La princesa calló y volvió a levantar la vista. Los primeros rayos de sol intentaban arrancar destellos de luz en la oscuridad, aunque solo conseguían recortar la línea de los altos riscos, que se iba dibujando con mayor nitidez, cambiando de color de un tono pálido, acompañado de haces de una luz blanquecina que dibujaba formas espectrales en el cielo a medida que el aire jugaba con ellos, hasta un tono entre naranja y rosado.
La línea de la cima del acantilado se iba presentando, clara y firme, desde el centro hacia ambos lados mientras los primeros rayos de sol se abrían camino entre la atmósfera brumosa, descubriendo bellísimas formas.
Los rayos fueron superando las brumas, que parecían deshacerse en haces de colores rosados para herir los ojos entre las grietas más profundas de lo más alto, causadas por la erosión de la escasa lluvia y el viento. Lamieron el fondo del valle, aún tímidos y fríos, y revelaron poco a poco los perfiles del acantilado y las montañas sagradas, en un espectáculo de una belleza tan poco común que la princesa tembló de emoción.
Sen-en Mut le echó por encima una manta y ella se dio cuenta de que la había estado mirando todo el tiempo, renunciando al maravilloso regalo que Ra les daba.
No pudo evitar sonreír antes de mirar de nuevo al frente.
En esos breves instantes, el sol había luchado contra la oscuridad y el frío, y ahora comenzaba a ganar la batalla. Ya se veían con nitidez los contornos de todo el valle, entre grandes sombras que parecían llevarse los espíritus malignos hasta el siguiente ocaso.
El valle se abrió en una paleta de tonos rosas que ningún pintor igualaría jamás, multiplicando los matices a medida que cada rayo lamía una nueva roca hasta que el color pareció hacerse dueño del cielo, abriéndose al mismo tiempo que el corazón de Hatshepsut se ensanchaba. No era extraño que los personajes más notables quisieran ser enterrados en un paraje tan inhóspito como bello.

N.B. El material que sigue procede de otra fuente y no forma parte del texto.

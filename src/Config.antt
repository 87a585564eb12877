-- ===== src/Config.antt =====
-- pkg/tasconfigmanager/setup.go: loading and validating the tas configuration, with the functions
-- `ValidateStructTASYmlV1`, `ValidateStructTASYmlV2` and `ValidateStructTASYml` of pkg/utils/utils.go.
-- `Yaml` is the file system, `yaml.Unmarshal` and the validator of struct tags, which are not under
-- the source: `decode` fills the given start value from a text, and `invalid` is the error of the
-- validator, if any.
pub mod SubModules
pub mod Tier
pub mod Accepted
pub mod Invalid
pub mod Download
pub mod Tests
unfoldable pub use SubModules.{check_sub_modules, duplicate}
unfoldable pub use Tier.{tier_rank, is_valid_license_tier}
use test_at_scale.Prelude.{
  ℕ, String, ◌⧺◌, Bool, true, false, Option, none, some, List, [], ◌∷◌, str_eq, if◌then◌else◌,
  is_some, not,
}
use test_at_scale.Format.{decimal}
use test_at_scale.Errs.{Err, error, Result, ok, err, panicked, ◌>>=◌, ◌>>◌, check, refuse_if}
use test_at_scale.Models.{
  ℤ, pos, ltb_ℤ, eqb_ℤ, TasConfig, TasConfigV2, MergeV2, SubModule, default_config,
  default_config_v2, no_threshold, CoverageThreshold, event_push, event_pull_request,
}
use test_at_scale.Utils.{get_version}

-- What `os.ReadFile` gives: a text, ErrNotExist or another error.
pub data FileRead : Type 0 where
  content : String → FileRead
  missing unreadable : FileRead

pub record Yaml : Type 0 where
  pub read_file : String → FileRead
  pub decode_version : String → Result String
  pub decode : TasConfig → String → Result TasConfig
  pub decode_v2 : TasConfigV2 → String → Result TasConfigV2
  pub invalid : TasConfig → Option Err
  pub invalid_v2 : TasConfigV2 → Option Err

-- The two types behind the `interface{}` of `LoadAndValidate`.
pub data AnyConfig : Type 0 where
  first : TasConfig → AnyConfig
  second : TasConfigV2 → AnyConfig

abbrev pub default_version : String
default_version = "1.0.0"

abbrev invalid_format : String → Err
invalid_format file = error (
    "`" ⧺ file ⧺ "` configuration file contains invalid format. Please correct the `" ⧺ file
    ⧺ "` file")

-- An error of `yaml.Unmarshal` is replaced by the program's own.
abbrev decoded {ℓ} : {A : Type ℓ} → String → Result A → Result A
decoded file (ok a) = ok a
decoded file (err e) = err (invalid_format file)
decoded file panicked = panicked

abbrev or_no_threshold : Option CoverageThreshold → Option CoverageThreshold
or_no_threshold none = some no_threshold
or_no_threshold (some t) = some t

abbrev missing_merge : String → String → Err
missing_merge field file =
    error ("`" ⧺ field ⧺ "` test cases are not configured in `" ⧺ file ⧺ "` configuration file.")

abbrev pub missing_merge_v2 : String → String → Err
missing_merge_v2 field file = error ("`" ⧺ field ⧺ "` is missing in tas configuration file " ⧺ file)

-- One case of the switch of `validateYMLV2`.
unfoldable pub check_merge : String → String → Option MergeV2 → Result (Unit {0})
check_merge field file none = err (missing_merge_v2 field file)
check_merge field file (some merge) = check_sub_modules field file [] merge.sub_modules

-- The switch of `validateYMLV1` and that of `validateYMLV2`: other events are not checked.
unfoldable pub check_event : String → String → TasConfig → Result (Unit {0})
check_event event_type file config =
    if str_eq event_type event_pull_request
    then refuse_if (not (is_some config.premerge)) (missing_merge "preMerge" file)
    else if str_eq event_type event_push
    then refuse_if (not (is_some config.postmerge)) (missing_merge "postMerge" file)
    else ok tt

unfoldable pub check_event_v2 : String → String → TasConfigV2 → Result (Unit {0})
check_event_v2 event_type file config =
    if str_eq event_type event_pull_request
    then check_merge "preMerge" file config.pre_merge
    else if str_eq event_type event_push
    then check_merge "postMerge" file config.post_merge
    else ok tt

abbrev loaded : FileRead → String → Result String
loaded (content text) file = ok text
loaded missing file = err (error ("Configuration file not found at path: " ⧺ file))
loaded unreadable file = err (error ("Error while reading configuration file at path: " ⧺ file))

module _ (yaml : Yaml) where
  pub validate_struct : String → String → Result TasConfig
  validate_struct text file = do
    config ← decoded file (yaml.decode (default_config default_version) text)
    check (yaml.invalid config)
    ok config

  pub validate_struct_v2 : String → String → Result TasConfigV2
  validate_struct_v2 text file = do
    config ← decoded file (yaml.decode_v2 default_config_v2 text)
    check (yaml.invalid_v2 config)
    ok config

  -- `ValidateStructTASYml`, which accepts versions 1 and 2 alone.
  pub validate_struct_any : String → String → Result AnyConfig
  validate_struct_any text file = do
    version ← get_version yaml.decode_version text
    if eqb_ℤ version (pos 1)
        then (do config ← validate_struct text file; ok (first config))
        else if eqb_ℤ version (pos 2)
        then (do config ← validate_struct_v2 text file; ok (second config))
        else err (error ("version " ⧺ decimal version ⧺ " is not supported "))

  pub validate_yml : String → String → String → String → Result TasConfig
  validate_yml text event_type license_tier file = do
    config ← validate_struct text file
    let config' = record config { coverage_threshold = or_no_threshold config.coverage_threshold }
    check_event event_type file config'
    is_valid_license_tier config'.tier license_tier
    ok config'

  pub validate_yml_v2 : String → String → String → String → Result TasConfigV2
  validate_yml_v2 text event_type license_tier file = do
    config ← validate_struct_v2 text file
    let config' = record config { coverage_threshold = or_no_threshold config.coverage_threshold }
    check_event_v2 event_type file config'
    is_valid_license_tier config'.tier license_tier
    ok config'

  -- Every version from 2 on is read as version 2.
  pub load_and_validate : ℤ → String → String → String → String → Result AnyConfig
  load_and_validate version path event_type license_tier path_in_repo = do
    text ← loaded (yaml.read_file path) path_in_repo
    if ltb_ℤ version (pos 2)
        then (do config ← validate_yml text event_type license_tier path_in_repo; ok (first config))
        else (do
          config ← validate_yml_v2 text event_type license_tier path_in_repo
          ok (second config))

  pub get_version_of : String → Result ℤ
  get_version_of path = do
    text ← loaded (yaml.read_file path) path
    get_version yaml.decode_version text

No se dio cuenta de que lloraba de emoción hasta que Sen-en Mut recogió las lágrimas entre sus dedos.
Le miró. Era el rostro sereno y sonriente de la persona que le había cautivado, sin rastro del espíritu ambicioso y malvado que tanto miedo le causaba. Rezó para que se quedase tan profundamente lejos como los espectros malignos que la luz se había llevado.
Sen-en Mut le sonrió de nuevo antes de hablarle:
—Es revelador que la unión de la oscuridad de Amón y la luz de Ra sea tan hermosa. De ahora en adelante, y si tú quieres, prometo dejar que me inicies en el culto a Ra y Hat-Hor mientras yo te transmito lo mejor del oscuro, y de dos haremos uno perfecto, como el amanecer, en vez de combatir inútilmente.
Ella no le dejó seguir. Le besó con dulzura. El mayordomo tardó unos instantes en responder tras la sorpresa, pero devolvió el beso con la pasión que ambos conocían muy bien.
Los guardias no pudieron presenciar la escena, cegados por el brillo del sol de la mañana, y solo cuando la luz les dio una pequeña tregua les vieron caminar juntos, cogidos de la mano.